- WHAT THE TASK REQUIRES -
Once the line with "client_auth = auth;" is found in the data, output it and each following line exactly, up to and including the line with "unfoldable pub server_certificate", and nothing before or after.

- GIVEN INFORMATION -
★ ★ ★ ★

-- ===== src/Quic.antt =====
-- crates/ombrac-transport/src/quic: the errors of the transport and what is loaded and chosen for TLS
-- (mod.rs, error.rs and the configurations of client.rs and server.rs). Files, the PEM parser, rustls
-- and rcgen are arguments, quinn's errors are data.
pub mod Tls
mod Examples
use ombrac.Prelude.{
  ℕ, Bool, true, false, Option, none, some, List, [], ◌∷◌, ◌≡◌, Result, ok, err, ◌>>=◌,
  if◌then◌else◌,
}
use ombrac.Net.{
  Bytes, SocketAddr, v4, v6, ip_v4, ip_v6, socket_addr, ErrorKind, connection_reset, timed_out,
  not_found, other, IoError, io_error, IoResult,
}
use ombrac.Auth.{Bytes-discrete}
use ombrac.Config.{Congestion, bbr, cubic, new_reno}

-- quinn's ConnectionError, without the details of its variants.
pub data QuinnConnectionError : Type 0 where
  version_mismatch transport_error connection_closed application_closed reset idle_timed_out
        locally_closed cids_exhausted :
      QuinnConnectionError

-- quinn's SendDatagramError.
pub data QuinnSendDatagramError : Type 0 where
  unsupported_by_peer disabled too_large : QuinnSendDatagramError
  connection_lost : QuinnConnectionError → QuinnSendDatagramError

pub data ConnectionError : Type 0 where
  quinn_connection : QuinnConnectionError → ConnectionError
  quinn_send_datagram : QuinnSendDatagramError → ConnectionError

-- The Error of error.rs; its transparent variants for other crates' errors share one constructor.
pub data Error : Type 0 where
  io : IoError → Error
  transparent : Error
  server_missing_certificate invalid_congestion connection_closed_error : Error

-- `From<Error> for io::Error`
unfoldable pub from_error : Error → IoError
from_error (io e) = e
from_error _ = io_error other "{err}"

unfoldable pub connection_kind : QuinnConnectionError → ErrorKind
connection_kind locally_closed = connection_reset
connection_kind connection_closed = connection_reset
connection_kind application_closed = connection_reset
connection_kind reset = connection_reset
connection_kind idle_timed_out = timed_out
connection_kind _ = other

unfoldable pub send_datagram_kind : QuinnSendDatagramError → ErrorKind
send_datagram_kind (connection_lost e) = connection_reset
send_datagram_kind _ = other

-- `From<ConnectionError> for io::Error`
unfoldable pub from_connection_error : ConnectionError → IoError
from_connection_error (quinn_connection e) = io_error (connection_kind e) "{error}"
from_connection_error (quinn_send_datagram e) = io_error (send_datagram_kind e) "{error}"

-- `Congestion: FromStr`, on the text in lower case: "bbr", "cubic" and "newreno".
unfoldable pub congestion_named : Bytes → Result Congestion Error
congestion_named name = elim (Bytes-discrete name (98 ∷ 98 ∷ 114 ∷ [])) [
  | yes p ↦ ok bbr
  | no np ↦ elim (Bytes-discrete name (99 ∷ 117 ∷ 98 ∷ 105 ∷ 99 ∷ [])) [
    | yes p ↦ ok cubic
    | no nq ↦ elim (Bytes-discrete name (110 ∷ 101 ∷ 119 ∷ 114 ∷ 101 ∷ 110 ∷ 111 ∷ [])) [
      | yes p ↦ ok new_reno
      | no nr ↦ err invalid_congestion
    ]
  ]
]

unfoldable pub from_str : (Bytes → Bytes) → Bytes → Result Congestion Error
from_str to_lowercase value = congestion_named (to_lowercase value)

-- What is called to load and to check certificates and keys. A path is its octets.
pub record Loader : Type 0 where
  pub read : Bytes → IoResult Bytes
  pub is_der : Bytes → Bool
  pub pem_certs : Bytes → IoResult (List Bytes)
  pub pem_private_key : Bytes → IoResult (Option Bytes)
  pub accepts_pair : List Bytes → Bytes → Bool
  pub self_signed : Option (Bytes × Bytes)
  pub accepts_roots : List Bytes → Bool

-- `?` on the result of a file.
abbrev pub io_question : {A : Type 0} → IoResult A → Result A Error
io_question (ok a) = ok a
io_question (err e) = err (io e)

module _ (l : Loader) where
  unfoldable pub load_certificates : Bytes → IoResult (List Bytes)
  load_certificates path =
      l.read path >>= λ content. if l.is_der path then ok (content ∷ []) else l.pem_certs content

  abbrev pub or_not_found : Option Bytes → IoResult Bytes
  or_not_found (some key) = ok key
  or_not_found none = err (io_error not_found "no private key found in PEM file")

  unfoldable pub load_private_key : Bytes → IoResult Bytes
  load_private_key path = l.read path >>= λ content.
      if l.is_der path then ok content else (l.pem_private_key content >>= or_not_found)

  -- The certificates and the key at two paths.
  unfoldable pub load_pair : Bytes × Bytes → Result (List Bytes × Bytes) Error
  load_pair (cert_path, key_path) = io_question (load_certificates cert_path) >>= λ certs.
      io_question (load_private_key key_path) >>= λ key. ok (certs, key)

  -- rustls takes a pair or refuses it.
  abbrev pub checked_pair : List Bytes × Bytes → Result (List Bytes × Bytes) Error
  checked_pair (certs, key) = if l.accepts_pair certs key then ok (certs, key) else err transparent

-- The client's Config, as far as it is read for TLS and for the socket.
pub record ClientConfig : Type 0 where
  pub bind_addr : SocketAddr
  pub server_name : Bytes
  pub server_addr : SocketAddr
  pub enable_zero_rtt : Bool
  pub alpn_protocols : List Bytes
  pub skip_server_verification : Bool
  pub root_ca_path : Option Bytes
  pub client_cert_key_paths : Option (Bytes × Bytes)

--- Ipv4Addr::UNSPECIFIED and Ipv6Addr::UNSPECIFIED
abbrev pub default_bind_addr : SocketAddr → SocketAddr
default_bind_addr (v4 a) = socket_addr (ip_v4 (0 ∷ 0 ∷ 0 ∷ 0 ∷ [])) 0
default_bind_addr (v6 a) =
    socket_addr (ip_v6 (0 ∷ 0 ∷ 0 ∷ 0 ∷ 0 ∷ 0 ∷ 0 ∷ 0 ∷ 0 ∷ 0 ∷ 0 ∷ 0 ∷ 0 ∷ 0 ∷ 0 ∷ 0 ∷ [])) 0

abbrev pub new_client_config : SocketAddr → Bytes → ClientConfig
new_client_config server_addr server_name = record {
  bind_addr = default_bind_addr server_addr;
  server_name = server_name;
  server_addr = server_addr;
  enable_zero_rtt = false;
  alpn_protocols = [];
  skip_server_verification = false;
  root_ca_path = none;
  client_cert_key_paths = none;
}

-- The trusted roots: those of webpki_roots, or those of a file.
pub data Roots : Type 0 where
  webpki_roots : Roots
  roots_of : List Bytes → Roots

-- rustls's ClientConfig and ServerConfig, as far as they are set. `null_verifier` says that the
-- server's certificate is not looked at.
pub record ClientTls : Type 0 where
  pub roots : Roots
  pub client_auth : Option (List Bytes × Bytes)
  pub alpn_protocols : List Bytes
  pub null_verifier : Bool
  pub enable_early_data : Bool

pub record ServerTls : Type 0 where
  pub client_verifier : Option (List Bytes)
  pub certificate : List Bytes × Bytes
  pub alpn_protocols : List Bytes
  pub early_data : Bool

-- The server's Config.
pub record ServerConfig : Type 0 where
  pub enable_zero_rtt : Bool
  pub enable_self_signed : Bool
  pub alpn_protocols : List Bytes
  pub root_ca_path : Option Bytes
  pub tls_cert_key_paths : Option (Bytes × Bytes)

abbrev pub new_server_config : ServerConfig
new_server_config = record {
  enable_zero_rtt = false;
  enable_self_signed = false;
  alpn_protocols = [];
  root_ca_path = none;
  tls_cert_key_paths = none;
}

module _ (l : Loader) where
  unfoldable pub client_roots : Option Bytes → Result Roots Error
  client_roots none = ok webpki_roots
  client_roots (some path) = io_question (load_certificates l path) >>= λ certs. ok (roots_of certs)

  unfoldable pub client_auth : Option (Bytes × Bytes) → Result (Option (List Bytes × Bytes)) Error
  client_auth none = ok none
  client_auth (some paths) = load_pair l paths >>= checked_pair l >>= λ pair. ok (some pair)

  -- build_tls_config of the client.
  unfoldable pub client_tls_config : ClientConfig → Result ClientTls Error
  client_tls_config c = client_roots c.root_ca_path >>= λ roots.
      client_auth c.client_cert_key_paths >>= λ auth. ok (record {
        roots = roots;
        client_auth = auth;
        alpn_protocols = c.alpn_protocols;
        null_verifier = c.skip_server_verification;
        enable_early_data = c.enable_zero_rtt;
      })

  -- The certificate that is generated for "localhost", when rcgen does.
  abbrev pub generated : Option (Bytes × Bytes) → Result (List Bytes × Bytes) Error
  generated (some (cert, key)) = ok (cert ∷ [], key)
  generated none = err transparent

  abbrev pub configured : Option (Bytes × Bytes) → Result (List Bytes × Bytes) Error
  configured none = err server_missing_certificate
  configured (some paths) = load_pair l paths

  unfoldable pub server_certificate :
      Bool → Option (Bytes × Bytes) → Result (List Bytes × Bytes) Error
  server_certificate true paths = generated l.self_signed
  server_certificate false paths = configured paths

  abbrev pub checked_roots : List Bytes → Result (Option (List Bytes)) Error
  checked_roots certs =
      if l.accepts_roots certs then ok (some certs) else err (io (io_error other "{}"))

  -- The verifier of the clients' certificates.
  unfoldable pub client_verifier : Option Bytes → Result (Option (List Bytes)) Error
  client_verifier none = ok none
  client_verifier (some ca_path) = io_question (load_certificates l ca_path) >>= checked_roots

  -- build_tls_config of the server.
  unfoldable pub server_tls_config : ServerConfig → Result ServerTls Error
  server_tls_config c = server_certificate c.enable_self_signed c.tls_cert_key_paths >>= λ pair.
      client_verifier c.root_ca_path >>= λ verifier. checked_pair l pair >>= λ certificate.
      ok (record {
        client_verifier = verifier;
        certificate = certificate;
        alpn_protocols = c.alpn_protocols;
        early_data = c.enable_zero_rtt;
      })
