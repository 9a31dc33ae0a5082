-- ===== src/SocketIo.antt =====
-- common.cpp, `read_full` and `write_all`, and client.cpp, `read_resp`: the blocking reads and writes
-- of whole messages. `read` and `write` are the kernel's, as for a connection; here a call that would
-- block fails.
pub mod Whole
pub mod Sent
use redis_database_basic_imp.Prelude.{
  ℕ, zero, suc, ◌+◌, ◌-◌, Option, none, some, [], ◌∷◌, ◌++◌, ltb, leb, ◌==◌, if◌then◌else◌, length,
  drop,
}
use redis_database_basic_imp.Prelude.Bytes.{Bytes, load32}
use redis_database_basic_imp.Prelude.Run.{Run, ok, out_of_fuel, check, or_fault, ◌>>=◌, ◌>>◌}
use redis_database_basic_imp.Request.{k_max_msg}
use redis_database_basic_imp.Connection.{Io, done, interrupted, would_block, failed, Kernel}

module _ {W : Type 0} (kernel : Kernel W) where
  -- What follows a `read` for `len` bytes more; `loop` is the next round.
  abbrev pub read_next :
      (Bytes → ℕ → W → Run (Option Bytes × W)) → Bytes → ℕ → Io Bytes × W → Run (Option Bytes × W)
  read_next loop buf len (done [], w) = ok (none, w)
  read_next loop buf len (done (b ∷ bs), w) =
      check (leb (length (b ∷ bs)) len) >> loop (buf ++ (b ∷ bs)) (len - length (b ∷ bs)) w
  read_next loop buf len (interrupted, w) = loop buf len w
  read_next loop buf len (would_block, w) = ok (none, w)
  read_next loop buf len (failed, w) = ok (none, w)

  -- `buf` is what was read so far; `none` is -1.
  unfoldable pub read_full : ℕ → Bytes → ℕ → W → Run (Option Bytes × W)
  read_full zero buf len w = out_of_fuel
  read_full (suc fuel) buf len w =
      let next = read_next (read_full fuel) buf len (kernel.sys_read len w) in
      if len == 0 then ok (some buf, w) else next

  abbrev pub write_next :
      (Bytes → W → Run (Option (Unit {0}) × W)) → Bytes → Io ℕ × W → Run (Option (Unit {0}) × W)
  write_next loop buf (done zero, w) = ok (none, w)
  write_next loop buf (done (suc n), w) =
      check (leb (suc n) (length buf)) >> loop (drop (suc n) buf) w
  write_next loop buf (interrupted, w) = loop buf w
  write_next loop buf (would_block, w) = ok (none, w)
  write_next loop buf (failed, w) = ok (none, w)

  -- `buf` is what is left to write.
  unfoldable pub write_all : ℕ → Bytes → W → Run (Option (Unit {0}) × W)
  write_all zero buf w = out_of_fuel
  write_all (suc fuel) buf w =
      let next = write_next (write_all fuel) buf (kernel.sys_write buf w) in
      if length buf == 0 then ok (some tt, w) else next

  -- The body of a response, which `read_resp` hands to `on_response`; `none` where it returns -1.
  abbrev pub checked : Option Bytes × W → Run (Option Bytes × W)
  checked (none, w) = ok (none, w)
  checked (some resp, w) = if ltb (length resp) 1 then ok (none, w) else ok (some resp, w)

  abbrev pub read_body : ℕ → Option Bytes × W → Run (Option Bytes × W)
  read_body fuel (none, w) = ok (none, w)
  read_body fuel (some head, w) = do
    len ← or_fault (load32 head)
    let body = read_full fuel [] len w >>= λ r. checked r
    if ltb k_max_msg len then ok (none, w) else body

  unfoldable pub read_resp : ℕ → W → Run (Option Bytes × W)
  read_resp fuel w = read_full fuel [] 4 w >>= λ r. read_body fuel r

★ ★ ★ ★

- TASK RESPONSE -
        client_auth = auth;
        alpn_protocols = c.alpn_protocols;
        null_verifier = c.skip_server_verification;
        enable_early_data = c.enable_zero_rtt;
      })

  -- The certificate that is generated for "localhost", when rcgen does.
  abbrev pub generated : Option (Bytes × Bytes) → Result (List Bytes × Bytes) Error
  generated (some (cert, key)) = ok (cert ∷ [], key)
  generated none = err transparent

  abbrev pub configured : Option (Bytes × Bytes) → Result (List Bytes × Bytes) Error
  configured none = err server_missing_certificate
  configured (some paths) = load_pair l paths

  unfoldable pub server_certificate :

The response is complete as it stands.